Excerpt from:  NetSuite and NetSuite Consulting
.
November 26, 2007

Improving Customer Service with CRM

Use Business Analytics to Turn the Ship Towards Improved Customer Service

I'm fascinated by service.  We are all consumers, and in this day and age of fierce ecommerce competition for goods where low price is the entry point to survival, how do you separate yourself from the competition?  A CRM strategy around providing your customers with good service can make the difference.  And real improvements in this area do not require additional budget.

Knowledge about your customer should be alive and well in your CRM system, and appropriate mining of that knowledge is key to improved service.  Relevant information like customer inquiries about your products, their buying habits, problems they may have and, finally, customer measured satisfaction, should readily available.  Armed with these facts, it is easier to achieve company buy-in for change. And with buy-in, you can implement changes, improve company policies and business workflows, and create a customer service-centric company.

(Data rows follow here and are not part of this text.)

-- ===== src/Lexer/First.antt =====
-- The first byte of a match, and the match that the rules of src/gdbwire_mi_lexer.l pick at a text.
use gdbwire.Base.{
  ℕ, zero, suc, ◌≤◌, ◌≡◌, refl, ap, sym, ◌∙◌, subst, List, [], ◌∷◌, ◌++◌, Bool, true, false, ◌&&◌,
  ◌||◌, Option, none, some, inl, inr, Bytes, length, take, get_elem?, arith, length-append,
}
use gdbwire.Lexer.{
  Token, Regex, never, empty, byte, then_, either, many, nullable, Rule, Match, best, rules,
}
use gdbwire.Lexer.Derivatives.{Matches, All, concat, nullable_complete}
use gdbwire.Lexer.Munch.{
  AllRules, AllRules-get_elem?, AtMost, MatchesNothing, IsMatch, Picks, Picks-IsMatch, Picks-AtMost,
  Best, best-Best,
}

-- Can a match begin with the byte?
abbrev pub starts : Regex → ℕ → Bool
starts never x = false
starts empty x = false
starts (byte p) x = p x
starts (then_ r t) x = starts r x || nullable r && starts t x
starts (either r t) x = starts r x || starts t x
starts (many r) x = starts r x

Matches-starts_then :
    (r t : Regex) (x : ℕ) (s u v : Bytes)
    → x ∷ s ≡ u ++ v
    → (u ≡ [] → nullable r ≡ true)
    → ((s' : Bytes) → u ≡ x ∷ s' → starts r x ≡ true)
    → ((s' : Bytes) → v ≡ x ∷ s' → starts t x ≡ true)
    → starts (then_ r t) x ≡ true
Matches-starts_then r t x s [] v e null f g =
    let second = g s (sym e) in let solid = null refl in ground arith
Matches-starts_then r t x s (y ∷ u) v e null f g =
    let same : x ≡ y = ground arith in let first = f u (ap (λ c. c ∷ u) (sym same)) in ground arith

pub Matches-starts : (r : Regex) (x : ℕ) (s : Bytes) → Matches r (x ∷ s) → starts r x ≡ true
Matches-starts never x s h = absurd h
Matches-starts empty x s h = absurd (ground arith)
Matches-starts (byte p) x s (c, e, h) =
    let same : x ≡ c = ground arith in subst (λ d. p d ≡ true) (sym same) h
Matches-starts (then_ r t) x s (u, v, e, h, k) =
    Matches-starts_then r t x s u v e (λ f. nullable_complete r (subst (Matches r) f h))
      (λ s' f. Matches-starts r x s' (subst (Matches r) f h))
      (λ s' f. Matches-starts t x s' (subst (Matches t) f k))
Matches-starts (either r t) x s (inl h) = let left = Matches-starts r x s h in ground arith
Matches-starts (either r t) x s (inr h) = let right = Matches-starts t x s h in ground arith
Matches-starts (many r) x s (ls, e, h) = go ls e h (λ s' k. Matches-starts r x s' k)
  where
    go :
        (ls : List Bytes)
        → x ∷ s ≡ concat ls
        → All (Matches r) ls
        → ((s' : Bytes) → Matches r (x ∷ s') → starts r x ≡ true)
        → starts r x ≡ true
    go [] e h f = absurd (ground arith)
    go ([] ∷ ls) e h f = go ls e h.1 f
    go ((y ∷ l) ∷ ls) e h f =
        let same : y ≡ x = ground arith in f l (subst (λ c. Matches r (c ∷ l)) same h.0)

abbrev pub starts_rules : ℕ → List Rule → List Bool
starts_rules x [] = []
starts_rules x (r ∷ rs) = starts r.pattern_of x ∷ starts_rules x rs

-- What is left to show of the rules: those whose flag is set.
abbrev pub Flagged : (Rule → Type 0) → List Rule → List Bool → Type 0
Flagged P [] fs = Unit {0}
Flagged P (r ∷ rs) [] = P r × Flagged P rs []
Flagged P (r ∷ rs) (true ∷ fs) = P r × Flagged P rs fs
Flagged P (r ∷ rs) (false ∷ fs) = Flagged P rs fs

-- A rule that cannot match at the byte has `P`.
pub AllRules-Flagged :
    (P : Rule → Type 0) (x : ℕ) (rs : List Rule) (fs : List Bool)
    → ((r : Rule) → starts r.pattern_of x ≡ false → P r)
    → starts_rules x rs ≡ fs
    → Flagged P rs fs
    → AllRules P rs
AllRules-Flagged P x [] fs absent e h = tt
AllRules-Flagged P x (r ∷ rs) [] absent e h = absurd (ground arith)
AllRules-Flagged P x (r ∷ rs) (true ∷ fs) absent e h =
    (h.0, AllRules-Flagged P x rs fs absent (ground arith) h.1)
AllRules-Flagged P x (r ∷ rs) (false ∷ fs) absent e h =
    (absent r (ground arith), AllRules-Flagged P x rs fs absent (ground arith) h)

-- Where the rule at `i` matches as much as the rules pick, they pick a rule that is not behind it.
Picks-before :
    (rs : List Rule) (bs : Bytes) (m : Match) (i : ℕ) (r : Rule)
    → Picks rs bs m
    → get_elem? rs i ≡ some r
    → m.0 ≤ length bs
    → Matches r.pattern_of (take m.0 bs)
    → (j : ℕ) × (q : Rule) × (j ≤ i) × (get_elem? rs j ≡ some q) × IsMatch q bs m
Picks-before [] bs m i r h e le k = absurd h
Picks-before (q ∷ rs) bs m i r (inl (h, below)) e le k = (0, q, omega arith, refl, h)
Picks-before (q ∷ rs) bs m zero r (inr (less, h)) e le k =
    let same : r ≡ q = ground arith in
    absurd
      (omega (arith, less m.0 le (subst (λ (r : Rule). Matches r.pattern_of (take m.0 bs)) same k)))
Picks-before (q ∷ rs) bs m (suc i) r (inr (less, h)) e le k =
    let (j, q', lt, f, g) = Picks-before rs bs m i r h e le k in (suc j, q', omega arith, f, g)

pub take-append {ℓ} : {A : Type ℓ} (u v : List A) → take (length u) (u ++ v) ≡ u
take-append [] v = refl
take-append (x ∷ u) v = ap (◌∷◌ x) (take-append u v)

get_elem?-take {ℓ} :
    {A : Type ℓ} (i j : ℕ) (xs : List A) → j ≤ i → get_elem? (take (suc i) xs) j ≡ get_elem? xs j
get_elem?-take i zero [] h = refl
get_elem?-take i (suc j) [] h = refl
get_elem?-take i zero (x ∷ xs) h = refl
get_elem?-take zero (suc j) (x ∷ xs) h = absurd (omega arith)
get_elem?-take (suc i) (suc j) (x ∷ xs) h = get_elem?-take i j xs (omega arith)

-- The rule matches no more than `u` at the front of `u ++ rest`.
abbrev pub Within : Bytes → Bytes → Rule → Type 0
Within u rest r =
    (n : ℕ) → n ≤ length (u ++ rest) → Matches r.pattern_of (take n (u ++ rest)) → n ≤ length u

-- If the rule matches `u`, its action is `a`.
abbrev pub Acts : Bytes → Option Token → Rule → Type 0
Acts u a r = Matches r.pattern_of u → r.action ≡ a

-- The text `u` is what the rules pick in front of `rest`: the rule at `i` matches it, no rule
-- matches more, and those up to `i` that match it have the same action.
pub best-text :
    (u rest : Bytes) (i : ℕ) (r : Rule)
    → get_elem? rules i ≡ some r
    → Matches r.pattern_of u
    → AllRules (Within u rest) rules
    → AllRules (Acts u r.action) (take (suc i) rules)
    → best rules (u ++ rest) ≡ some (length u, r.action)
best-text u rest i r e h within acts = go (best rules (u ++ rest)) (best-Best rules (u ++ rest))
  where
    le : length u ≤ length (u ++ rest)
    le = omega (arith, length-append {0} u rest)

    front : Matches r.pattern_of (take (length u) (u ++ rest))
    front = subst (Matches r.pattern_of) (sym (take-append u rest)) h

    action :
        (m : Match) (j : ℕ) (q : Rule)
        → m.0 ≡ length u
        → j ≤ i
        → get_elem? rules j ≡ some q
        → IsMatch q (u ++ rest) m
        → m.1 ≡ r.action
    action (n, a) j q same lt f (bound, k, act) =
        act
        ∙ AllRules-get_elem? (Acts u r.action) (take (suc i) rules) j q
            (get_elem?-take {0} i j rules lt ∙ f) acts
            (subst (Matches q.pattern_of) (ap (λ t. take t (u ++ rest)) same ∙ take-append u rest)
              k)

    go : (o : Option Match) → Best rules (u ++ rest) o → o ≡ some (length u, r.action)
    go none k =
        absurd (AllRules-get_elem? (MatchesNothing (u ++ rest)) rules i r e k (length u) le front)
    go (some m) k =
        let (p, q, f, found) = Picks-IsMatch rules (u ++ rest) m k in
        let most =
          AllRules-get_elem? (AtMost m.0 (u ++ rest)) rules i r e
            (Picks-AtMost rules (u ++ rest) m k) (length u) le front in
        let short = AllRules-get_elem? (Within u rest) rules p q f within m.0 found.0 found.1 in
        let same : m.0 ≡ length u = omega arith in
        let (j, q', lt, g, picked) =
          Picks-before rules (u ++ rest) m i r k e found.0
            (subst (λ n. Matches r.pattern_of (take n (u ++ rest))) (sym same) front) in
        let act = action m j q' same lt g picked in cc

Lacking the information to back up your case for change, your ideas may go by the wayside.

Busy colleagues who are not convinced that your company needs to improve customer service, or that improved customer service can help achieve top and bottom line results, will turn their attention to other tasks at hand. A new adword campaign is an intriguing challenge and may jump start sales, but you know that in three months you'll be looking at the same customer service issues and the same lack of repeat customers.

So what are a few questions your CRM system needs to answer for you to take control of customer service and start implementing change?  Here are a few analytics that we find useful:

1. Do you know how many inquiries you receive about your products and how quickly your team responds to those inquiries? 

2. Can you track how your customers feel about your product/service or their interactions with your company?

3. Are you able to identify high return items which, in turn, help you identify manufacturing partner problems? 

4. Do you know what your top customer escalation issues are?

5. Can you track service improvement goals easily and share it across the company in real time?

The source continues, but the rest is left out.